OpenAI says it’s “impossible” to create useful AI models without copyrighted material

sculd@beehaw.org · 10 months ago

OpenAI says it’s “impossible” to create useful AI models without copyrighted material

Critical_Insight@feddit.uk · 10 months ago

There’s not a musician that havent heard other songs before. Not a painter that haven’t seen other painting. No comedian that haven’t heard jokes. No writer that haven’t read books.

AI haters are not applying the same standards to humans that they do to generative AI. Obviously this is not to say that AI can’t plagiarize. If it’s spitting out sentences that are direct quotes from an article someone wrote before and doesn’t disclose the source then yeah that is an issue. There’s however a limit after which the output differs enough from the input that you can’t claim it’s stealing even if perfectly mimics the style of someone else.

Just because DallE creates pictures that have getty images watermark on them it doesn’t mean the picture itself is a direct copy from their database. If anything it’s the use of the logo that’s the issue. Not the picture.

sculd@beehaw.org · 10 months ago

Said in another thread but I will repeat here. AIs are not humans. AIs’ creative process and learning process are also different.

AIs are being used to make profit for executives while creators suffer.

Critical_Insight@feddit.uk · 10 months ago

That sucks for the creators ofcourse but if AI creates better content that’s where people will go. That’s a big if though especially in the near future

sour@kbin.social · 10 months ago

better

BraveSirZaphod@kbin.social · 10 months ago

AI haters are not applying the same standards to humans that they do to generative AI

I don’t think it should go unquestioned that the same standards should apply. No human is able to look at billions of creative works and then create a million new works in an hour. There’s a meaningfully different level of scale here, and so it’s not necessarily obvious that the same standards should apply.

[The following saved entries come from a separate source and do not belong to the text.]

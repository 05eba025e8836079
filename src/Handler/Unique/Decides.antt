-- ===== src/Handler/Unique/Decides.antt =====
-- `find_unique_row` in a read statement decides whether a row has the key.
use mathlib.Core.Path.{subst}
use fastmem_mariadb.Prelude.{
  ℕ, ◌<◌, ◌≡◌, ◌≢◌, refl, sym, ap, ◌∙◌, true, false, Option, none, some, Returns, ◌++◌, drop,
  length,
}
use fastmem_mariadb.Core.{Bytes, KeyOps}
use fastmem_mariadb.Core.Wf.{Wf, LawfulKey, row_at}
use fastmem_mariadb.Core.Wf.Walks.Find.{Found, find-Found}
use fastmem_mariadb.Data.{Table, Info}
use fastmem_mariadb.Hash.{Server, rec_key_cmp}
use fastmem_mariadb.Hash.Callbacks.{key_ops}
use fastmem_mariadb.Hash.MakeKey.{make_key}
use fastmem_mariadb.Hash.Lawful.{SegsOk, BitsLast, key_ops-LawfulKey}
use fastmem_mariadb.Hash.Packed.{AllFixed}
use fastmem_mariadb.Hash.Lookup.{row-image}
use fastmem_mariadb.Hash.Same.{OneBits, key_cmp-make_key-same}
use fastmem_mariadb.Handler.{Handler}
use fastmem_mariadb.Handler.Unique.{UniqueOutcome, unique_found, find_unique_row}

-- The row that is found compares equal to the record and the handle is at it, or no row compares equal.
abbrev pub Decides : Server → Table → ℕ → Bytes → UniqueOutcome → Type 0
Decides sv t k rec (t', h', true, some buf) =
    (t' ≡ t)
    × (i : ℕ) × (h'.file.current_slot ≡ some i)
    × (row_at t.core i ≡ some buf)
    × (rec_key_cmp sv (t.keydef k).segs buf rec ≡ 0)
Decides sv t k rec (t', h', true, none) = ⊥
Decides sv t k rec (t', h', false, buf) =
    (t' ≡ t)
    × ((i : ℕ) (row : Bytes)
        → row_at t.core i ≡ some row
        → rec_key_cmp sv (t.keydef k).segs row rec ≢ 0)

-- A key of the table with the callbacks that `fm_key_ops_init` sets, and columns of fixed length.
pub record PlainKey (sv : Server) (t : Table) (k : ℕ) : Type 0 where
  pub below : k < t.core.keys
  pub ops : (t.core.keydef k).ops ≡ key_ops sv (t.keydef k)
  pub segs_ok : SegsOk (t.keydef k).segs
  pub bits_last : BitsLast (t.keydef k).segs
  pub fixed : AllFixed (t.keydef k).segs
  pub one_bits : OneBits (t.keydef k).segs

module _ (sv : Server) (others : Table → Table) (t : Table) (k : ℕ) (rec : Bytes)
    (p : PlainKey sv t k) where
  -- To compare with the packed key is to compare with the record.
  same_cmp :
      (b : Bytes)
      → (t.core.keydef k).ops.cmp_rec_key b (make_key sv (t.keydef k).segs rec)
        ≡ rec_key_cmp sv (t.keydef k).segs b rec
  same_cmp b =
      ap (λ (o : KeyOps). o.cmp_rec_key b (make_key sv (t.keydef k).segs rec)) p.ops
      ∙ key_cmp-make_key-same sv (t.keydef k).segs b rec p.fixed p.one_bits

  unique_found-Decides :
      (h : Handler) (r : Option (ℕ × Bytes))
      → h.write_stmt ≡ false
      → Found t.core k (make_key sv (t.keydef k).segs rec) r
      → Returns (unique_found others t h k r) (Decides sv t k rec)
  unfolding unique_found
  unique_found-Decides h none read all = (
    _,
    refl,
    (
      refl,
      λ i row here e.
          let (on, image) = row-image t.core i row here in
          all i on (
            ap (λ b. (t.core.keydef k).ops.cmp_rec_key b (make_key sv (t.keydef k).segs rec)) image
            ∙ same_cmp row
            ∙ e),
    ),
  )
  unique_found-Decides h (some (i, buf)) read (here, equal) =
      rw read (_, refl, (refl, i, refl, here, sym (same_cmp buf) ∙ equal))

  -- In a read statement the search for a row with the same unique key ends and decides: it gives a row that
  -- compares equal to the record, and the handle is at it, or no row compares equal; the table is as before.
  -- The table is well formed, the key is unique, has the callbacks that `fm_key_ops_init` sets, and has
  -- columns of fixed length with one byte for a character, no bits apart and masks of one bit.
  pub find_unique_row-Decides :
      (h : Handler)
      → Wf t.core
      → (t.keydef k).nosame ≡ true
      → h.write_stmt ≡ false
      → Returns (find_unique_row sv others t h rec k) (Decides sv t k rec)
  unfolding find_unique_row
  find_unique_row-Decides h w unique read =
      let key = make_key sv (t.keydef k).segs rec in
      let law =
        subst LawfulKey (sym p.ops) (key_ops-LawfulKey sv (t.keydef k) p.segs_ok p.bits_last) in
      let (r, run, found) = find-Found t.core k key w p.below law in
      let packed : Info = record h.file { lastkey = key ++ drop (length key) h.file.lastkey } in
      let h' : Handler = record h { file = packed } in
      rw unique (rw run (unique_found-Decides h' r read found))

If it’s spitting out sentences that are direct quotes from an article someone wrote before and doesn’t disclose the source then yeah that is an issue.

A fundamental issue is that LLMs simply cannot do this. They can query a webpage, find a relevant chunk, and spit that back at you with a citation, but it is simply impossible for them to actually generate a response to a query, realize that they’ve generated a meaningful amount of copyrighted material, and disclose its source, because it literally does not know its source. This is not a fixable issue unless the fundamental approach to these models changes.